*** Opening of Available data ***
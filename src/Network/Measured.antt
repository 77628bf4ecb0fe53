-- ===== src/Network/Measured.antt =====
-- That every round-trip time which the client's worker records is that of a packet.
use mathlib.Core.Path.{subst}
use win_udpsharded_echo.Prelude.{
  ℕ, ◌-◌, ◌<◌, ◌≤◌, ◌≡◌, refl, ap, ◌∙◌, List, [], ◌∷◌, Bool, true, some, arith, length, leb, add64,
  sub64, u64_mod, member, All-Within, Within, inl, inr, Bool-cases,
}
use win_udpsharded_echo.Float.{Double}
use win_udpsharded_echo.Cc.{Controller}
use win_udpsharded_echo.SocketUtils.Io.{recv, max_packet_size}
use win_udpsharded_echo.SocketUtils.Contexts.{complete}
use win_udpsharded_echo.SocketUtils.Packet.{
  PacketHeader, get_header, get_header-overwrite, header_size, max_payload_size,
}
use win_udpsharded_echo.Server.Worker.{Worker}
use win_udpsharded_echo.Client.Worker.{
  Config, Client, Completion, runs, update_min, update_max, is_none, take_echo, rearm, count_echo,
  handle_completion, complete_at, take_completion,
}
use win_udpsharded_echo.Client.Books.{buffer-complete}
use win_udpsharded_echo.Client.Reach.{Kept, IsDelivered, Note, answered, answers, Reached-IsReady}
use win_udpsharded_echo.Client.Wire.{answer_of-full}
use win_udpsharded_echo.Network.{Net, Comes}
use win_udpsharded_echo.Client.Sequences.{packets_of}
use win_udpsharded_echo.Network.Numbers.{IsNumbered-unique, Net-IsNumbered}
use win_udpsharded_echo.Network.Honest.{Net-Sound, Comes-IsPacket}

-- The step from `c` to `c'` records the time `rtt`.
pub record HasTimed {F C : Type 0} (c c' : Client F C) (rtt : ℕ) : Type 0 where
  pub in_total : c'.total_rtt_ns ≡ add64 c.total_rtt_ns rtt
  pub in_min : c'.min_rtt_ns ≡ update_min c.min_rtt_ns rtt
  pub in_max : c'.max_rtt_ns ≡ update_max c.max_rtt_ns rtt

module _ {F C : Type 0} ⦃d : Double F⦄ (controller : Controller F C) (config : Config) where
  HasTimed-count_echo :
      (e : Completion) (i : ℕ) (c : Client F C)
      → (c.io.contexts i).operation ≡ recv
      → length (c.io.contexts i).buffer ≡ max_packet_size
      → IsDelivered e
      → header_size ≤ e.bytes_transferred
      → HasTimed c
          (count_echo controller config e i (record c { io = complete e.payload e.source i c.io }))
          (sub64 e.recv_time (get_header e.payload).timestamp_ns)
  unfolding count_echo take_echo
  HasTimed-count_echo e i c o z (n, m) b =
      let long : leb header_size e.bytes_transferred ≡ true = ground arith in
      let seen =
        ap get_header (buffer-complete controller config e.payload e.source i c.io o)
        ∙ get_header-overwrite e.payload (c.io.contexts i).buffer (omega arith) (omega arith) in
      rw (long, seen) (record { in_total = refl; in_min = refl; in_max = refl })

  HasTimed-rearm :
      (e : Completion) (i : ℕ) (c c' : Client F C) (rtt : ℕ)
      → HasTimed c c' rtt
      → Kept (λ c'. HasTimed c c' rtt) (rearm controller config e i c')
  unfolding rearm
  HasTimed-rearm e i c c' rtt t = elim (Bool-cases (member e.completion_key config.sockets)) [
    | inl m ↦ rw m (record { in_total = t.in_total; in_min = t.in_min; in_max = t.in_max })
    | inr m ↦ elim (Bool-cases (is_none config.sockets)) [
      | inl n ↦ rw (m, n) t
      | inr n ↦ rw (m, n) tt
    ]
  ]

  HasTimed-take_completion :
      (e : Completion) (i : ℕ) (c : Client F C)
      → e.overlapped ≡ some i
      → (c.io.contexts i).operation ≡ recv
      → length (c.io.contexts i).buffer ≡ max_packet_size
      → IsDelivered e
      → header_size ≤ e.bytes_transferred
      → Kept
          (λ c'. HasTimed c c' (sub64 e.recv_time (get_header e.payload).timestamp_ns))
          (take_completion controller config e c)
  unfolding take_completion complete_at handle_completion count_echo take_echo rearm
  HasTimed-take_completion e i c at o z del b =
      rw (at, o) (HasTimed-rearm e i c _ _ (HasTimed-count_echo e i c o z del b))

module _ {F C : Type 0} ⦃d : Double F⦄ (controller : Controller F C) (config : Config)
    (sync_reply : Bool) (is_mine : ℕ → Bool) (fits : config.payload_size ≤ max_payload_size) where
  -- With payloads of at most 65491 bytes, whatever the network does, as long as it makes up no datagram
  -- from or to the client's addresses and the client's clock is not behind the time stamps so far: a
  -- receive of the client's worker without an exception, while it has sent fewer than 2^64 packets,
  -- brings the bytes of a packet that it sent, the only one with its number; the number is the one that
  -- is taken for answered, and the round-trip time that goes into the total, the minimum and the
  -- maximum is exactly the time from the packet's time stamp to the reading of the clock, a 64-bit one.
  pub Net-measures :
      (e : Completion) (i : ℕ) {c c' : Client F C} {h : List Note} {log : List PacketHeader}
      {ws : ℕ → Worker}
      → Net controller config sync_reply is_mine c h log ws
      → packets_of h < u64_mod
      → IsDelivered e
      → e.overlapped ≡ some i
      → (c.io.contexts i).operation ≡ recv
      → Comes is_mine e log ws
      → e.recv_time < u64_mod
      → take_completion controller config e c ≡ runs c'
      → (p : PacketHeader) × Within p log
        × ((q : PacketHeader) → Within q log → p.sequence_number ≡ q.sequence_number → p ≡ q)
        × (answers controller config e c ≡ answered p.sequence_number ∷ [])
        × (p.timestamp_ns ≤ e.recv_time)
        × HasTimed c c' (e.recv_time - p.timestamp_ns)
  Net-measures e i {c} {c'} {log} n few del at op comes small eq =
      let s = Net-Sound controller config sync_reply is_mine fits n in
      let k = Comes-IsPacket controller config sync_reply is_mine fits e s comes in
      let early : k.header.timestamp_ns ≤ e.recv_time =
        All-Within (λ p. p.timestamp_ns ≤ e.recv_time) log k.header comes.on_time k.in_log in
      let long : header_size ≤ e.bytes_transferred = omega (arith, k.whole, del.0) in
      let noted : answers controller config e c ≡ answered k.header.sequence_number ∷ [] =
        simp (at, op)
          (answer_of-full e long ∙ ap (λ p. answered p.sequence_number ∷ []) k.reads_back) in
      let rtt_eq : sub64 e.recv_time (get_header e.payload).timestamp_ns
          ≡ e.recv_time - k.header.timestamp_ns =
        rw k.reads_back (omega (arith, early)) in
      let timed =
        subst (Kept (λ c'. HasTimed c c' (sub64 e.recv_time (get_header e.payload).timestamp_ns)))
          eq
          (HasTimed-take_completion controller config e i c at op
            ((Reached-IsReady controller config s.reached).sized i) del long) in
      let (_, numbered) = Net-IsNumbered controller config sync_reply is_mine fits n few in
      (
        k.header,
        k.in_log,
        (λ q at' same. IsNumbered-unique k.header q log numbered k.in_log at' same),
        noted,
        early,
        subst (HasTimed c c') rtt_eq timed,
      )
*** Close of Available data ***
Which lines of the data hold the string "antt"? Return each of them.

**Result of the task**
filename src/Network/Measured.antt
-- ===== src/Network/Measured.antt =====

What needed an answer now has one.